__Task prompt__. The answer must consist of each line of the records below that contains the string "Bool".

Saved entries
-- ===== src/UdpServer/Success.antt =====
-- The start handler of UDPServer when the calls of asio succeed.
use kernel_udp_tcp.Prelude.{ℕ, ◌≡◌, refl, ap, ◌∙◌, Bool, true, false, Option, none, some, if-false}
use kernel_udp_tcp.Asio.{Asio, ErrorCode, SocketOption, reuse_address, reuse_port}
use kernel_udp_tcp.Asio.Action.{Outcome, ok, throw, when, ok->>=}
use kernel_udp_tcp.Asio.Success.{Succeeds}
use kernel_udp_tcp.UdpServer.{UdpServer, Overrides, on_started, on_socket, call_back, resize}
use kernel_udp_tcp.UdpServer.Lifecycle.{open_and_bind, size_receive_buffer, opened, run_start}

module _ {Socket : Type 0} (asio : Asio Socket) (IsClosed IsOpen : Socket → Type 0) (room : ℕ)
    (works : Succeeds asio IsClosed IsOpen room) (on : Overrides Socket) where
  -- The server on another state of the socket.
  abbrev moved_to : Socket → UdpServer Socket → UdpServer Socket
  moved_to k s = record s { socket = k }

  on_socket_succeeds :
      (f : Socket → Socket × Option ErrorCode) (s : UdpServer Socket)
      → (f s.socket).1 ≡ none
      → on_socket f s ≡ ok tt (moved_to (f s.socket).0 s)
  on_socket_succeeds f s e =
      ap
        (λ (o : Option ErrorCode). elim o as (λ _. Outcome (UdpServer Socket) (Unit {0})) [
          | none ↦ ok tt (moved_to (f s.socket).0 s)
          | some x ↦ throw x (moved_to (f s.socket).0 s)
        ])
        e

  option_succeeds :
      (b : Bool) (o : SocketOption) (s : UdpServer Socket)
      → IsOpen s.socket
      → (k : Socket) × IsOpen k × (when b (on_socket (asio.set_option o)) s ≡ ok tt (moved_to k s))
  option_succeeds true o s open_socket =
      let (fine, still) = works.options o s.socket open_socket in
      ((asio.set_option o s.socket).0, still, on_socket_succeeds (asio.set_option o) s fine)
  option_succeeds false o s open_socket = (s.socket, open_socket, refl)

  open_and_bind_succeeds :
      (s : UdpServer Socket)
      → IsClosed s.socket
      → (k : Socket) × IsOpen k × (open_and_bind asio on s ≡ ok tt (moved_to k s))
  unfolding open_and_bind
  open_and_bind_succeeds s closed =
      let p = s.endpoint.protocol in
      let e = s.endpoint in
      let k : Socket = (asio.open_socket p s.socket).0 in
      let (opened, open_k) = works.opens p s.socket closed in
      let (l, open_l, first) =
        option_succeeds s.option_reuse_address (reuse_address true) (moved_to k s) open_k in
      let (m, open_m, second) =
        option_succeeds s.option_reuse_port (reuse_port true) (moved_to l s) open_l in
      let (bound, still) = works.binds e m open_m in
      (
        (asio.bind e m).0,
        still,
        ok->>= (on_socket (asio.open_socket p)) _ s
              (on_socket_succeeds (asio.open_socket p) s opened)
            ∙ (ok->>=
                  (when s.option_reuse_address (on_socket (asio.set_option (reuse_address true)))) _
                  (moved_to k s) first
                ∙ (ok->>= (when s.option_reuse_port (on_socket (asio.set_option (reuse_port true))))
                      _ (moved_to l s) second
                    ∙ on_socket_succeeds (asio.bind e) (moved_to m s) bound)),
      )

  -- Up to onStarted.
  abbrev pub up : Socket → UdpServer Socket → UdpServer Socket
  up k s = opened asio on (record s { socket = k; receive_buffer = resize room s.receive_buffer })

  -- The start handler of a server that is not started comes to onStarted, with the server started.
  pub run_start_succeeds :
      (s : UdpServer Socket)
      → s.started ≡ false
      → IsClosed s.socket
      → (k : Socket) × IsOpen k × (run_start asio on s ≡ call_back on on_started (up k s))
  unfolding run_start size_receive_buffer
  run_start_succeeds s off closed =
      let (k, open_k, bound) = open_and_bind_succeeds s closed in
      (
        k,
        open_k,
        if-false _ _ off
            ∙ ok->>= (open_and_bind asio on) _ s bound
            ∙ ok->>= (size_receive_buffer asio on) _ (moved_to k s) (sized k open_k),
      )
    where
      sized :
          (k : Socket)
          → IsOpen k
          → size_receive_buffer asio on (moved_to k s)
            ≡ ok tt (record s { socket = k; receive_buffer = resize room s.receive_buffer })
      sized k open_k =
          ap
            (λ (r : ℕ × Option ErrorCode).
              elim (r.1) as (λ _. Outcome (UdpServer Socket) (Unit {0})) [
                | none ↦
                    ok tt (record s { socket = k; receive_buffer = resize r.0 s.receive_buffer })
                | some x ↦ throw x (moved_to k s)
              ])
            (works.sized k open_k)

__Exercise output__.
use kernel_udp_tcp.Prelude.{ℕ, ◌≡◌, refl, ap, ◌∙◌, Bool, true, false, Option, none, some, if-false}
      (b : Bool) (o : SocketOption) (s : UdpServer Socket)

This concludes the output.